── SOURCE MATERIAL ──

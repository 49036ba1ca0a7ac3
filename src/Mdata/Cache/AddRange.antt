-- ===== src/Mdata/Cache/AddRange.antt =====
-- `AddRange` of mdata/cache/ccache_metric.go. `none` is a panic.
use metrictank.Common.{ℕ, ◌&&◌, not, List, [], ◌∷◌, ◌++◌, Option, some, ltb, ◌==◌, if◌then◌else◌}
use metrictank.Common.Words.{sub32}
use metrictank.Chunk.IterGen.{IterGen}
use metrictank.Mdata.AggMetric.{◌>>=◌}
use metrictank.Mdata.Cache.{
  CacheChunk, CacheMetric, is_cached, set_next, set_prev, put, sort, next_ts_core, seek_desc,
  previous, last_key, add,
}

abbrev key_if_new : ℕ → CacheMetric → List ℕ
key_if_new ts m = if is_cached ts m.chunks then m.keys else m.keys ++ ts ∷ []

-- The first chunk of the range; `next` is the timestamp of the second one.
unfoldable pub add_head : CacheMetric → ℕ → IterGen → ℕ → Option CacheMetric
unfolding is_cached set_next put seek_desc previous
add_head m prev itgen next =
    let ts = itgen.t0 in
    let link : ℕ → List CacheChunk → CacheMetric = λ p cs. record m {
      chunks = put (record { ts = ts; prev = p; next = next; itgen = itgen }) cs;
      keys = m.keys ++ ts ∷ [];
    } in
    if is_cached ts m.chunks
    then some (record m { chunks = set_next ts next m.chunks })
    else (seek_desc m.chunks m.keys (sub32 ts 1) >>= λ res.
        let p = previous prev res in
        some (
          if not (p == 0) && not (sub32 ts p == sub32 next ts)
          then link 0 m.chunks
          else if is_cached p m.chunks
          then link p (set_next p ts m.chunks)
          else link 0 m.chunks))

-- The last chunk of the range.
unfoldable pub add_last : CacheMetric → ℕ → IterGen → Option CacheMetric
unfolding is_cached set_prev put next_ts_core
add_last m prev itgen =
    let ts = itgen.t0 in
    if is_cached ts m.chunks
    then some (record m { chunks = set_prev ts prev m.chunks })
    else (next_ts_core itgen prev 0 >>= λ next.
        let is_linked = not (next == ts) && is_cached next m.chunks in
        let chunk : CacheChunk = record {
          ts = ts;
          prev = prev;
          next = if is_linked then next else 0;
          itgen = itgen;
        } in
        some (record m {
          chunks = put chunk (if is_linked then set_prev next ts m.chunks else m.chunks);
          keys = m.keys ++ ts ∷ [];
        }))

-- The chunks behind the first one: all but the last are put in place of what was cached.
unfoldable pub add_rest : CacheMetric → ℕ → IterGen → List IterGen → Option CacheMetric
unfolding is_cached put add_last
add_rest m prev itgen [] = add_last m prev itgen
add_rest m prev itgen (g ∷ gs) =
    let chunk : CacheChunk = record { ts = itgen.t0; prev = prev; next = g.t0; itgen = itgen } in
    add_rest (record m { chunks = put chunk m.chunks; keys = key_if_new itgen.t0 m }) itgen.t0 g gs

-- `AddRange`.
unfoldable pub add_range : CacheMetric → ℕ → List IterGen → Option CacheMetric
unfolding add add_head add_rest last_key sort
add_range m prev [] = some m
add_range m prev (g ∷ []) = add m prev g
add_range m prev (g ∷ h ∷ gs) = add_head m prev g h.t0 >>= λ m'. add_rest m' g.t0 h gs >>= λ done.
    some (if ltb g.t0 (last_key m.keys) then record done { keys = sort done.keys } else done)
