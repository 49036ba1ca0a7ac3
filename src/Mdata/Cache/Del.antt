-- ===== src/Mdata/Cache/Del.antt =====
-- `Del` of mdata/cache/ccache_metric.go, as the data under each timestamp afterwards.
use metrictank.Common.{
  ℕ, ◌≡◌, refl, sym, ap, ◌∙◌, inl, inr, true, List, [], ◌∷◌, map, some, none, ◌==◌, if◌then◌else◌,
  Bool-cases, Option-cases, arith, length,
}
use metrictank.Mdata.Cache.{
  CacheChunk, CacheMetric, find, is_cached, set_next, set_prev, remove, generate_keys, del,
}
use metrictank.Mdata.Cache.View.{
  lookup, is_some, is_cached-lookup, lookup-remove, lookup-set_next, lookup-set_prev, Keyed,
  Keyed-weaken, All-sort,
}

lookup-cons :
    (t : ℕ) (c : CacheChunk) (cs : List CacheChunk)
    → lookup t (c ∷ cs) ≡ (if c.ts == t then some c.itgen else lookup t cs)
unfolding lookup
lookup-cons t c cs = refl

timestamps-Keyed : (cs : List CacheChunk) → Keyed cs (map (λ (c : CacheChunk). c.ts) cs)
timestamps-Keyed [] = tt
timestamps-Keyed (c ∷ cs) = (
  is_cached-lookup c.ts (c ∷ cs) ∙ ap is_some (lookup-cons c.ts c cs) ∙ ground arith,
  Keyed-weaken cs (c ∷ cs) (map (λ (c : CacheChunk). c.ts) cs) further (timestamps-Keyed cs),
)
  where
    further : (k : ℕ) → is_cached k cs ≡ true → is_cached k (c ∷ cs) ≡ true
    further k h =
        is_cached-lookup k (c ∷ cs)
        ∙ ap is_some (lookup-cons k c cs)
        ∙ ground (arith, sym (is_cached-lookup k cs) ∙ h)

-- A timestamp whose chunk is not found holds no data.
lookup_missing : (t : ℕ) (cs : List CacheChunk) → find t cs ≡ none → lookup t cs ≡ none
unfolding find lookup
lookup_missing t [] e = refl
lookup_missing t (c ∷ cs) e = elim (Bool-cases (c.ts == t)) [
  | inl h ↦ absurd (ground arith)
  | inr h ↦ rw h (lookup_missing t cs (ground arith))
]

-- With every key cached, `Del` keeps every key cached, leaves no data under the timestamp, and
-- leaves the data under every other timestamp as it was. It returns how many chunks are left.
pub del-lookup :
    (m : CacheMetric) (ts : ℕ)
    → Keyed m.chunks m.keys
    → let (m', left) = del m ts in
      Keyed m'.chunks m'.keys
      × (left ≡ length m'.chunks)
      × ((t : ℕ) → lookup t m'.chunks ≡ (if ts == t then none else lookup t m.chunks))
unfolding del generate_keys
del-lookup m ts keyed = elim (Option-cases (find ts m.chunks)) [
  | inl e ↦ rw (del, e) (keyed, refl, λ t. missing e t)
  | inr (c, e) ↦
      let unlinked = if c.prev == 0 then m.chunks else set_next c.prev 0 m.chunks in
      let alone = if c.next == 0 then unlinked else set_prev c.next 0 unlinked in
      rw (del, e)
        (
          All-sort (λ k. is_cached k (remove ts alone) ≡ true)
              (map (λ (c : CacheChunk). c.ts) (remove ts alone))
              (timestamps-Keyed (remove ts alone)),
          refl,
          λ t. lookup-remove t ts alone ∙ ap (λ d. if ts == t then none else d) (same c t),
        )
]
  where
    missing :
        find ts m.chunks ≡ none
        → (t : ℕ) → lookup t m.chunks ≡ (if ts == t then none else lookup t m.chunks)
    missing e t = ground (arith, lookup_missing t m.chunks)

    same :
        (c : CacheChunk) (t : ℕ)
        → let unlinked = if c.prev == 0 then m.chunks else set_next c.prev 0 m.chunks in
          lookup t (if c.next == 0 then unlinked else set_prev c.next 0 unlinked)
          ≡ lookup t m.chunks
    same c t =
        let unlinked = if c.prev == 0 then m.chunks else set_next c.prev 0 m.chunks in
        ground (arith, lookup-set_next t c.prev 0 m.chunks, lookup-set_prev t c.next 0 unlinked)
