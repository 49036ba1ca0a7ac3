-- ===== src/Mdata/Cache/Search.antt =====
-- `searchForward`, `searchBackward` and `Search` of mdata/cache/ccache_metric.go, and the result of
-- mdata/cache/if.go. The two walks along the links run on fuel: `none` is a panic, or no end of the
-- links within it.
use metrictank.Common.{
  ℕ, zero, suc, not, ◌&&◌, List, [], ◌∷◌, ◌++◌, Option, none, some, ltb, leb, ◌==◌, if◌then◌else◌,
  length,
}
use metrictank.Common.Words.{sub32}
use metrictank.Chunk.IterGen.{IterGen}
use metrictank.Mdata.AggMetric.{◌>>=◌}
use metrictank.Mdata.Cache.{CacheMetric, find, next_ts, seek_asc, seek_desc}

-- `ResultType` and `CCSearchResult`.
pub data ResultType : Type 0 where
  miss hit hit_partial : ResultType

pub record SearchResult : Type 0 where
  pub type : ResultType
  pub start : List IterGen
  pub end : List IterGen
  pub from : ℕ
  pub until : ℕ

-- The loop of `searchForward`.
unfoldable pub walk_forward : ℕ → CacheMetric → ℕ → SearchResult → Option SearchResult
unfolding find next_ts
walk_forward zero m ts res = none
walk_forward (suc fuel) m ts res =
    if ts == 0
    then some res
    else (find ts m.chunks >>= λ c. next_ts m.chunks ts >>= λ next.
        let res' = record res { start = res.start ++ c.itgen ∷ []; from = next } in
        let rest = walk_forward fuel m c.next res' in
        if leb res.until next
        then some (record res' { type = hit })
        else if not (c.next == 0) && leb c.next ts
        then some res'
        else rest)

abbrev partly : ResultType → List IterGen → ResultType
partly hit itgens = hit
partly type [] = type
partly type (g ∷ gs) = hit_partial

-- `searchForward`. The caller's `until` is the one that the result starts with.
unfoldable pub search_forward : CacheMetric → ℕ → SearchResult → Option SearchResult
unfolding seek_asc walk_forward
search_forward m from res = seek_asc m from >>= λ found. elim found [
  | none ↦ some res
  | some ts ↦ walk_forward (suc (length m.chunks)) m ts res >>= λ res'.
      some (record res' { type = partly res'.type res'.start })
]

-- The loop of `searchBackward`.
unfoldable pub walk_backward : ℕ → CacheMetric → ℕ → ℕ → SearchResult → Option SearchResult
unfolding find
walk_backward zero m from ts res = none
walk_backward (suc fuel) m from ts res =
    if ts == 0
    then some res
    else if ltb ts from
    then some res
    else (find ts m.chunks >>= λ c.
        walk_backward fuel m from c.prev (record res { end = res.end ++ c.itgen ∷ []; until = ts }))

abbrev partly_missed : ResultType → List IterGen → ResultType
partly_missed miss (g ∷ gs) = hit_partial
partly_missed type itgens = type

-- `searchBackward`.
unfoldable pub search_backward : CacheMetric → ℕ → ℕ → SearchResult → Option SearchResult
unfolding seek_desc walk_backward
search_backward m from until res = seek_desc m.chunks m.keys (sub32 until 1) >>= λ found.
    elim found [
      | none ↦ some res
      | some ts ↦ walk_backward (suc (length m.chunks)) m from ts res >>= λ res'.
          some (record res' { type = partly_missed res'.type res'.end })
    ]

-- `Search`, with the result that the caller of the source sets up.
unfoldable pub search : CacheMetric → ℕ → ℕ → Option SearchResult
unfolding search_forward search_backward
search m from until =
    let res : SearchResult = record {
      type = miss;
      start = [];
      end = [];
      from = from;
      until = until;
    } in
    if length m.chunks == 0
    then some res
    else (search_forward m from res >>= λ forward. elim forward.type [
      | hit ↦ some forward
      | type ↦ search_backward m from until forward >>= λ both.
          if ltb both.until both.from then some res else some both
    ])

───

▶ [TO DO]
Retype only this portion of the data above: the line containing "then link p", the line containing "filename src/Mdata/Cache/Del.antt", and all lines between them, exactly.

▶ [RESULT]
          then link p (set_next p ts m.chunks)
          else link 0 m.chunks))

-- The last chunk of the range.
unfoldable pub add_last : CacheMetric → ℕ → IterGen → Option CacheMetric
unfolding is_cached set_prev put next_ts_core
add_last m prev itgen =
    let ts = itgen.t0 in
    if is_cached ts m.chunks
    then some (record m { chunks = set_prev ts prev m.chunks })
    else (next_ts_core itgen prev 0 >>= λ next.
        let is_linked = not (next == ts) && is_cached next m.chunks in
        let chunk : CacheChunk = record {
          ts = ts;
          prev = prev;
          next = if is_linked then next else 0;
          itgen = itgen;
        } in
        some (record m {
          chunks = put chunk (if is_linked then set_prev next ts m.chunks else m.chunks);
          keys = m.keys ++ ts ∷ [];
        }))

-- The chunks behind the first one: all but the last are put in place of what was cached.
unfoldable pub add_rest : CacheMetric → ℕ → IterGen → List IterGen → Option CacheMetric
unfolding is_cached put add_last
add_rest m prev itgen [] = add_last m prev itgen
add_rest m prev itgen (g ∷ gs) =
    let chunk : CacheChunk = record { ts = itgen.t0; prev = prev; next = g.t0; itgen = itgen } in
    add_rest (record m { chunks = put chunk m.chunks; keys = key_if_new itgen.t0 m }) itgen.t0 g gs

-- `AddRange`.
unfoldable pub add_range : CacheMetric → ℕ → List IterGen → Option CacheMetric
unfolding add add_head add_rest last_key sort
add_range m prev [] = some m
add_range m prev (g ∷ []) = add m prev g
add_range m prev (g ∷ h ∷ gs) = add_head m prev g h.t0 >>= λ m'. add_rest m' g.t0 h gs >>= λ done.
    some (if ltb g.t0 (last_key m.keys) then record done { keys = sort done.keys } else done)
repository 49036ba1ca0a7ac3
filename src/Mdata/Cache/Del.antt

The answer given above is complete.